H.C. Wainwright analyst Swayampakula Ramakanth assumed coverage of Mesoblast (NASDAQ:MESO) with a “buy” rating and price target of $6.50. The stock closed at $4.56 on Jan. 30.
Australia-based Mesoblast is focused on developing allogeneic regenerative medicine products through its proprietary mesenchymal lineage cells platform.
Mr. Ramakanth believes Mesoblast is an attractive investment because its platform has been validated by two commercial cellular therapy products: TEMCELL and Alofisel. They were approved in Japan in 2015 for the treatment of acute graft versus host disease, and in Europe, in 2018, for the treatment of perianal fistula, respectively.

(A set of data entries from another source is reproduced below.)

-- ===== src/Exp/Machine/Loops.antt =====
-- The evaluation loops of src/src/exp.c end: each `evaltop` takes an operator away, so more rounds
-- than there are operators change nothing.
use dasm_dillon_code_sourcef.Common.{
  ℕ, ◌-◌, ◌≤◌, ◌≡◌, refl, false, List, [], ◌∷◌, ◌++◌, length, ap, length-drop, leb, arith, Run, ok,
  fault, out_of_fuel, ◌>>=◌, Partial, bind_congr, Partial-bind, Bool-cases, inl, inr,
}
use dasm_dillon_code_sourcef.Asm.{Flags, no_flags}
use dasm_dillon_code_sourcef.Exp.Operators.{syntax_none, Message}
use dasm_dillon_code_sourcef.Exp.Machine.{
  finish_call, call_unary, call_binary, call, at_base, say, make_arg, Machine, Op, Arg,
  evaltop_with, reset_args, reset_ops, store_arg,
}

-- If the run ends, at most `n` operators are left.
abbrev pub Keeps : ℕ → Run Machine → Type 0
Keeps n r = Partial (λ m. length m.ops ≤ n) r

reset_args-Keeps : (n : ℕ) (m : Machine) → length m.ops ≤ n → Keeps n (reset_args m)
unfolding reset_args
reset_args-Keeps n m h = ground arith

reset_ops-Keeps : (n : ℕ) (m : Machine) → length m.ops ≤ n → Keeps n (reset_ops m)
unfolding reset_ops
reset_ops-Keeps n m h = elim (Bool-cases (leb m.opibase (length m.ops))) [
  | inl e ↦ rw e (omega (arith, length-drop (length m.ops - m.opibase) m.ops))
  | inr e ↦ rw e tt
]

pub store_arg-Keeps : (a : Arg) (n : ℕ) (m : Machine) → length m.ops ≤ n → Keeps n (store_arg a m)
unfolding store_arg reset_args
store_arg-Keeps a n m h = ground arith

-- a continuation that adds no operators
abbrev pub Shrinks : (Machine → Run Machine) → Type 0
Shrinks next = (n : ℕ) (m : Machine) → length m.ops ≤ n → Keeps n (next m)

module _ (next : Machine → Run Machine) (shrinks : Shrinks next) where
  finish_call-Keeps :
      (n : ℕ) (m : Machine) (r : ℕ × Flags × List Message)
      → length m.ops ≤ n
      → Keeps n (finish_call next m r)
  unfolding finish_call
  finish_call-Keeps n m (v, f, msgs) h =
      let m' : Machine = record m { log = msgs ++ m.log } in
      Partial-bind (λ t. length t.ops ≤ n) (λ t. length t.ops ≤ n) (store_arg (make_arg v f []) m')
        next (store_arg-Keeps (make_arg v f []) n m' h) (shrinks n)

  call-Keeps :
      (r : Run (ℕ × Flags × List Message)) (n : ℕ) (m : Machine)
      → length m.ops ≤ n
      → Keeps n (r >>= finish_call next m)
  call-Keeps (ok r) n m h = finish_call-Keeps n m r h
  call-Keeps fault n m h = tt
  call-Keeps out_of_fuel n m h = tt

  call_unary-Keeps :
      (o : Op) (n : ℕ) (m : Machine) (rest : List Arg)
      → length m.ops ≤ n
      → Keeps n (call_unary next o m rest)
  unfolding call_unary
  call_unary-Keeps o n m [] h = tt
  call_unary-Keeps o n m (a ∷ rest) h =
      call-Keeps (call o.dis a.value 0 a.flags no_flags) n (record m { args = rest }) h

  call_binary-Keeps :
      (o : Op) (n : ℕ) (m : Machine) (rest : List Arg)
      → length m.ops ≤ n
      → Keeps n (call_binary next o m rest)
  unfolding call_binary
  call_binary-Keeps o n m [] h = tt
  call_binary-Keeps o n m (a ∷ []) h = tt
  call_binary-Keeps o n m (b ∷ a ∷ rest) h =
      call-Keeps (call o.dis a.value b.value a.flags b.flags) n (record m { args = rest }) h

  -- Away from the base, `evaltop` takes one operator away.
  pub evaltop_with-Keeps :
      (n : ℕ) (m : Machine) (o : Op) (os : List Op)
      → m.ops ≡ o ∷ os
      → at_base m ≡ false
      → length os ≤ n
      → Keeps n (evaltop_with next m (o ∷ os))
  unfolding evaltop_with reset_ops
  evaltop_with-Keeps n m o os e above h = ground (
    arith,
    reset_args-Keeps n (say syntax_none (record m { ops = os })),
    call_unary-Keeps o n (record m { ops = os }) m.args,
    call_binary-Keeps o n (record m { ops = os }) m.args,
  )

  -- In every state `evaltop` adds no operators.
  pub evaltop_with-Shrinks :
      (n : ℕ) (m : Machine) (os : List Op)
      → m.ops ≡ os
      → length m.ops ≤ n
      → Keeps n (evaltop_with next m os)
  unfolding evaltop_with
  evaltop_with-Shrinks n m [] e h = reset_ops-Keeps n (say syntax_none m) h
  evaltop_with-Shrinks n m (o ∷ os) e h = elim (Bool-cases (at_base m)) [
    | inl b ↦ ground (arith, reset_ops-Keeps n (say syntax_none m))
    | inr b ↦ evaltop_with-Keeps n m o os e b (omega (arith, ap length e))
  ]

-- Two continuations that agree where `evaltop` can call them.
module _ (next next' : Machine → Run Machine) (n : ℕ)
    (agree : (m : Machine) → length m.ops ≤ n → next m ≡ next' m) where
  finish_call_congr :
      (m : Machine) (r : ℕ × Flags × List Message)
      → length m.ops ≤ n
      → finish_call next m r ≡ finish_call next' m r
  unfolding finish_call
  finish_call_congr m (v, f, msgs) h =
      let m' : Machine = record m { log = msgs ++ m.log } in
      bind_congr (λ t. length t.ops ≤ n) (store_arg (make_arg v f []) m') next next'
        (store_arg-Keeps (make_arg v f []) n m' h) agree

  call_congr :
      (r : Run (ℕ × Flags × List Message)) (m : Machine)
      → length m.ops ≤ n
      → (r >>= finish_call next m) ≡ (r >>= finish_call next' m)
  call_congr (ok r) m h = finish_call_congr m r h
  call_congr fault m h = refl
  call_congr out_of_fuel m h = refl

  call_unary_congr :
      (o : Op) (m : Machine) (rest : List Arg)
      → length m.ops ≤ n
      → call_unary next o m rest ≡ call_unary next' o m rest
  unfolding call_unary
  call_unary_congr o m [] h = refl
  call_unary_congr o m (a ∷ rest) h =
      call_congr (call o.dis a.value 0 a.flags no_flags) (record m { args = rest }) h

  call_binary_congr :
      (o : Op) (m : Machine) (rest : List Arg)
      → length m.ops ≤ n
      → call_binary next o m rest ≡ call_binary next' o m rest
  unfolding call_binary
  call_binary_congr o m [] h = refl
  call_binary_congr o m (a ∷ []) h = refl
  call_binary_congr o m (b ∷ a ∷ rest) h =
      call_congr (call o.dis a.value b.value a.flags b.flags) (record m { args = rest }) h

  pub evaltop_with_congr :
      (m : Machine) (o : Op) (os : List Op)
      → length os ≤ n
      → evaltop_with next m (o ∷ os) ≡ evaltop_with next' m (o ∷ os)
  unfolding evaltop_with
  evaltop_with_congr m o os h = rw (
    call_unary_congr o (record m { ops = os }) m.args h,
    call_binary_congr o (record m { ops = os }) m.args h,
  )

In addition, he said the company has a mature product pipeline with seven product candidates targeting ten indications. “The start of a catalyst-rich period with one FDA approval, two Phase 3 clinical readouts, and new commercial partnerships are expected in the next 12-to-18 months,” he added.
Mesoblast shares have tumbled more than 35% since early November after the company released top-line results from a Phase 2 study of Revascor for the treatment of end-stage heart failure patients. The study did not meet the primary study endpoint of temporary weaning from full left ventricular assist device support.
“While the less than optimal study results were disappointing, we believe the stock movement was an overreaction,” Mr. Ramakanth said. “We note that the treated group in this study did achieve a significant decline in gastrointestinal bleeding, which is the major cause of hospitalization in these patients and is a clinically meaningful endpoint.”
The company plans to meet with the FDA this year to gain clarity regarding the regulatory pathway for Revascor in this indication, he added.